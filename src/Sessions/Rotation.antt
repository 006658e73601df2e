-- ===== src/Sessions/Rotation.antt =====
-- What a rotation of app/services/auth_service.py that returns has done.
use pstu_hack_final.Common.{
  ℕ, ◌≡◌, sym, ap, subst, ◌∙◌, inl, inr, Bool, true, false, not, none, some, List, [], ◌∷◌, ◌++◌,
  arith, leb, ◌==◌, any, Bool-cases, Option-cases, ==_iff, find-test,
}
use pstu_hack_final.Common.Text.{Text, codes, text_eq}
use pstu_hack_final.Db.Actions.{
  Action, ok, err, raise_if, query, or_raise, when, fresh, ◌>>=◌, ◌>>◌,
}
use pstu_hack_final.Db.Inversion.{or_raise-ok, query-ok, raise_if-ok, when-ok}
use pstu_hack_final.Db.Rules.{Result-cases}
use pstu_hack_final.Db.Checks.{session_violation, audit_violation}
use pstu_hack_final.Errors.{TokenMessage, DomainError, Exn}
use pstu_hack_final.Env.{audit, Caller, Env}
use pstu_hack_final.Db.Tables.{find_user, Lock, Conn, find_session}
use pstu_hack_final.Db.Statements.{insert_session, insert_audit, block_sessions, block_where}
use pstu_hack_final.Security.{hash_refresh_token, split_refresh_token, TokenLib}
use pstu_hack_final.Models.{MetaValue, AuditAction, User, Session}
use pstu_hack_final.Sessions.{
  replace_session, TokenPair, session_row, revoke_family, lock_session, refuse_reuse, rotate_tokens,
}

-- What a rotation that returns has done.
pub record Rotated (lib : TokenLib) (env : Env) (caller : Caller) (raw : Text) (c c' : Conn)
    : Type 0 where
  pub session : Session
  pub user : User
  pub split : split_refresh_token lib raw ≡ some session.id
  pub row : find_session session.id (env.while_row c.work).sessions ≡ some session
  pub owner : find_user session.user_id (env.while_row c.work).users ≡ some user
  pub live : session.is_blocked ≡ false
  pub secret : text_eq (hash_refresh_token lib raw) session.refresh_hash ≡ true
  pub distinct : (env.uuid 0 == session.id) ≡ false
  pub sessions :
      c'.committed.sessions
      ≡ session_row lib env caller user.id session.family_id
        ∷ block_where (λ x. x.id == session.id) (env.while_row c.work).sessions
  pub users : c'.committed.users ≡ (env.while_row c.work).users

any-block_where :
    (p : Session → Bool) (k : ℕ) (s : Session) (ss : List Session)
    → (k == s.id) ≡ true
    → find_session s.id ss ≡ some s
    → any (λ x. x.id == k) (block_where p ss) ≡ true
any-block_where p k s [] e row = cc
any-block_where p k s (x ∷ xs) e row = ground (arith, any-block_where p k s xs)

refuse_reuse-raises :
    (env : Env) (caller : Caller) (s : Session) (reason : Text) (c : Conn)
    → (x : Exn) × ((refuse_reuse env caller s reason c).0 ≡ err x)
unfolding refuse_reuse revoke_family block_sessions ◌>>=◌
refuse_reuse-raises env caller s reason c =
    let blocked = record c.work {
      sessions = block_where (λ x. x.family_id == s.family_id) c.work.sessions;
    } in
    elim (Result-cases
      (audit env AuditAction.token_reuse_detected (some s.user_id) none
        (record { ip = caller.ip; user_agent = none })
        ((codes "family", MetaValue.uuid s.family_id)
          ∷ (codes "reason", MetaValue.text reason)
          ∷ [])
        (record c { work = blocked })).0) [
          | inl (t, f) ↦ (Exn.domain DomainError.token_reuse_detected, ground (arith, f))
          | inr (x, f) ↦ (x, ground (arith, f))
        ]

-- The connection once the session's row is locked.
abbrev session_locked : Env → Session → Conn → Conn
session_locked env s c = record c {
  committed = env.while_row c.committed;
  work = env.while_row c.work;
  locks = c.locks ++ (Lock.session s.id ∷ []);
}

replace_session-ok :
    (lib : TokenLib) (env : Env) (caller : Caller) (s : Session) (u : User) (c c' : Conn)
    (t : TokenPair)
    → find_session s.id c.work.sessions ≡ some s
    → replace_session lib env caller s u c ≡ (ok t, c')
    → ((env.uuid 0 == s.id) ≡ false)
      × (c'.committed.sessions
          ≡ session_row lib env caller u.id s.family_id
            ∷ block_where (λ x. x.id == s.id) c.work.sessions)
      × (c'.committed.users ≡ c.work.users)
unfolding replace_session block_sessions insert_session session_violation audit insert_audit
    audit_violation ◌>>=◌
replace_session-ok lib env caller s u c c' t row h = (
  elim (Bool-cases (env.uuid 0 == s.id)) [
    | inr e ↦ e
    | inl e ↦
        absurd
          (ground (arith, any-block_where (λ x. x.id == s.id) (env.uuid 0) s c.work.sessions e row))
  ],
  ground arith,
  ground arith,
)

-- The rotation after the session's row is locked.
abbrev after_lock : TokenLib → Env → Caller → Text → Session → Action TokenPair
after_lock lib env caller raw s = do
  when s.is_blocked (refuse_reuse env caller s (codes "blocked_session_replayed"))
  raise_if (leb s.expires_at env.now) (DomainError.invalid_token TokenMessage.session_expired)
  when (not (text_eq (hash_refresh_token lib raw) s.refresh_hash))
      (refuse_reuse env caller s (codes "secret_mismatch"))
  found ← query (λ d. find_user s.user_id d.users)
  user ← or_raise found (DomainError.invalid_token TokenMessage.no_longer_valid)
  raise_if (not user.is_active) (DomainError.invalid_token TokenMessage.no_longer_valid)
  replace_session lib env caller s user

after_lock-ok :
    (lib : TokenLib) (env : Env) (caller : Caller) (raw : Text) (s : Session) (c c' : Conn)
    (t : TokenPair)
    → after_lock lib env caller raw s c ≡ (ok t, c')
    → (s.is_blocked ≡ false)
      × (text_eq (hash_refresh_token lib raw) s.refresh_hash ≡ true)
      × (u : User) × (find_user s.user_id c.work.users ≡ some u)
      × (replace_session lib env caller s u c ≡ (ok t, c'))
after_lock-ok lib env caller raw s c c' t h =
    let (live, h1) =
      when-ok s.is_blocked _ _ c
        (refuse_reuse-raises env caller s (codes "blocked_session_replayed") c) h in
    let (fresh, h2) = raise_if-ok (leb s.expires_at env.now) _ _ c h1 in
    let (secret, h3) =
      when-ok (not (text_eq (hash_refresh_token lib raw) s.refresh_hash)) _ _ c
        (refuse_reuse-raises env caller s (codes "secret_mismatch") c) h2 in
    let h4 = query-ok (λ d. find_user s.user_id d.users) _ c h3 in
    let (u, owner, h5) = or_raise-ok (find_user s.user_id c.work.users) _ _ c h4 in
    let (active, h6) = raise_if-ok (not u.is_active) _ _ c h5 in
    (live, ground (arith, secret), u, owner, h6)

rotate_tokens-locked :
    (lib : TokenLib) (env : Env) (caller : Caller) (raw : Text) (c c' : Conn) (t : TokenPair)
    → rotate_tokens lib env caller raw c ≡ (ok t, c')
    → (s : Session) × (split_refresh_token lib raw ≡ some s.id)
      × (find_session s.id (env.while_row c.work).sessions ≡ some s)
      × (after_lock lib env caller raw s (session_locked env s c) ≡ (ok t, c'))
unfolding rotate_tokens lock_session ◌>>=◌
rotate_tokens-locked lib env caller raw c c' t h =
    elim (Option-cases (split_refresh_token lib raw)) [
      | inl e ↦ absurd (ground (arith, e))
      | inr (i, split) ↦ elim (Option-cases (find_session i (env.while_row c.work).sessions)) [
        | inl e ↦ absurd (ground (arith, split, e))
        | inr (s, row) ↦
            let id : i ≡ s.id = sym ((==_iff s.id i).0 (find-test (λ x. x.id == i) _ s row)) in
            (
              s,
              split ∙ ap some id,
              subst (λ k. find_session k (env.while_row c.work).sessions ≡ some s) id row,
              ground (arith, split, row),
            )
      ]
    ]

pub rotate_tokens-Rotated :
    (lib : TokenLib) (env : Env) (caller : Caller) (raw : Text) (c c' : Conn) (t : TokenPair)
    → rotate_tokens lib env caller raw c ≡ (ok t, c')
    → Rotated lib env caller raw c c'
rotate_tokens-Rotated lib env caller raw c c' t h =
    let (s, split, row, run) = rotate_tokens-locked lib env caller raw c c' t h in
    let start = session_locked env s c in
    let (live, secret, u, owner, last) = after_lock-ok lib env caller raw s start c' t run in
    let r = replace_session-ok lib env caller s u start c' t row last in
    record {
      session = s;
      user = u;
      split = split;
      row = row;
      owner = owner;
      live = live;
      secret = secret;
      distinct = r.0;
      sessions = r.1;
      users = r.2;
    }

-*-*-

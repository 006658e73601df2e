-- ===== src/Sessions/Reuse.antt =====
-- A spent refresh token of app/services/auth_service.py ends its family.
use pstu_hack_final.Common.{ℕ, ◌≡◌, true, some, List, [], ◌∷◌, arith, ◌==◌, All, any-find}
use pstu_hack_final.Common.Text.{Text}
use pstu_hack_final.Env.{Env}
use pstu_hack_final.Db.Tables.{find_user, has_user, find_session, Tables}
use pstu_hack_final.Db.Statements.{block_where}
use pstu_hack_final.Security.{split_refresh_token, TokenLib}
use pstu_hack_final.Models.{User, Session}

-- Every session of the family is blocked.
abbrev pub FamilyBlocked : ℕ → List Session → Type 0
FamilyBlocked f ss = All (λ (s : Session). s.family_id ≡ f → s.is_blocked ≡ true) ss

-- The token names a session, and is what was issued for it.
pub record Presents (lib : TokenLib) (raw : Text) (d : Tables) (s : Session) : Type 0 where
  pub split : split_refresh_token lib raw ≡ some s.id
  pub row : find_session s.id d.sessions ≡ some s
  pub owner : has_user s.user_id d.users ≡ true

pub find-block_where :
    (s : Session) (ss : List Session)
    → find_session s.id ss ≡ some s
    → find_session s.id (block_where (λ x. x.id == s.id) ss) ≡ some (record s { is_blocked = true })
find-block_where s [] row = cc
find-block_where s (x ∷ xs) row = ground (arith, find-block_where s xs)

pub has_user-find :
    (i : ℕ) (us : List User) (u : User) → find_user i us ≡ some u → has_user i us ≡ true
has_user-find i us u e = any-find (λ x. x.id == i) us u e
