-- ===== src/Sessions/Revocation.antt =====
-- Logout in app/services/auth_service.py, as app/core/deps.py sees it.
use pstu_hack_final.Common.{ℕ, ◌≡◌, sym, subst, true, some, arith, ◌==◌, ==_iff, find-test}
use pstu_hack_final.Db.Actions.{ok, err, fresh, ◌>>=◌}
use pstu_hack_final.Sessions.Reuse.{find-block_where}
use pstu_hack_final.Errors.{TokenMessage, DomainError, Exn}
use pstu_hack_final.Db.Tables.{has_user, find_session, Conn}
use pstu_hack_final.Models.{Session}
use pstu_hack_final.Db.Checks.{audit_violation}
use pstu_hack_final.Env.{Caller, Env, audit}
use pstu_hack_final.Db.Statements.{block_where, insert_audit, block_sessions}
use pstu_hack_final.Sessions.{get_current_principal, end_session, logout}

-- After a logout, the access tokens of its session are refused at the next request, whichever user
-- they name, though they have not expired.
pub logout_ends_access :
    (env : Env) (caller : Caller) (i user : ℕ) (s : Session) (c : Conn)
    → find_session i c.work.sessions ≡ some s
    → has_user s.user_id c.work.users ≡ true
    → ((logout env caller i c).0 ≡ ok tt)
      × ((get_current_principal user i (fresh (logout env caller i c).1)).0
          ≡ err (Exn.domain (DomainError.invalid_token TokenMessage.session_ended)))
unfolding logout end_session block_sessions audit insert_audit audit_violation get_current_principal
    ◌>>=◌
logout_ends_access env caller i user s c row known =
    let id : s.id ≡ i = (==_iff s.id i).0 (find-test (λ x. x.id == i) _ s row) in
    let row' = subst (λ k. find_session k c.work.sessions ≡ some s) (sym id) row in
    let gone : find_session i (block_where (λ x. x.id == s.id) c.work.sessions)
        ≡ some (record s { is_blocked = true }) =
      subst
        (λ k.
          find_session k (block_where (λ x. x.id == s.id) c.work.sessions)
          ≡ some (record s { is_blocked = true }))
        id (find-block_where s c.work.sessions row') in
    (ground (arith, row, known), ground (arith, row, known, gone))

-*-*-

*EXERCISE DESCRIPTION*:
Return a copy of each line in the records above that has "Rotated" in it.

*YOUR SOLUTION*:
pub record Rotated (lib : TokenLib) (env : Env) (caller : Caller) (raw : Text) (c c' : Conn)
pub rotate_tokens-Rotated :
    → Rotated lib env caller raw c c'
rotate_tokens-Rotated lib env caller raw c c' t h =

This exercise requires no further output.